▶ [Exercise instructions]:
Output all of the listing below, leaving every line unchanged.

▶ [Dataset content]:
-- ===== src/Retrieval.antt =====
-- src/auditflow/retrieval
pub mod Fusion
pub mod Consistency
pub mod Caches
pub mod Context
pub mod Scope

▶ [Solution to the problem]:
-- ===== src/Retrieval.antt =====
-- src/auditflow/retrieval
pub mod Fusion
pub mod Consistency
pub mod Caches
pub mod Context
pub mod Scope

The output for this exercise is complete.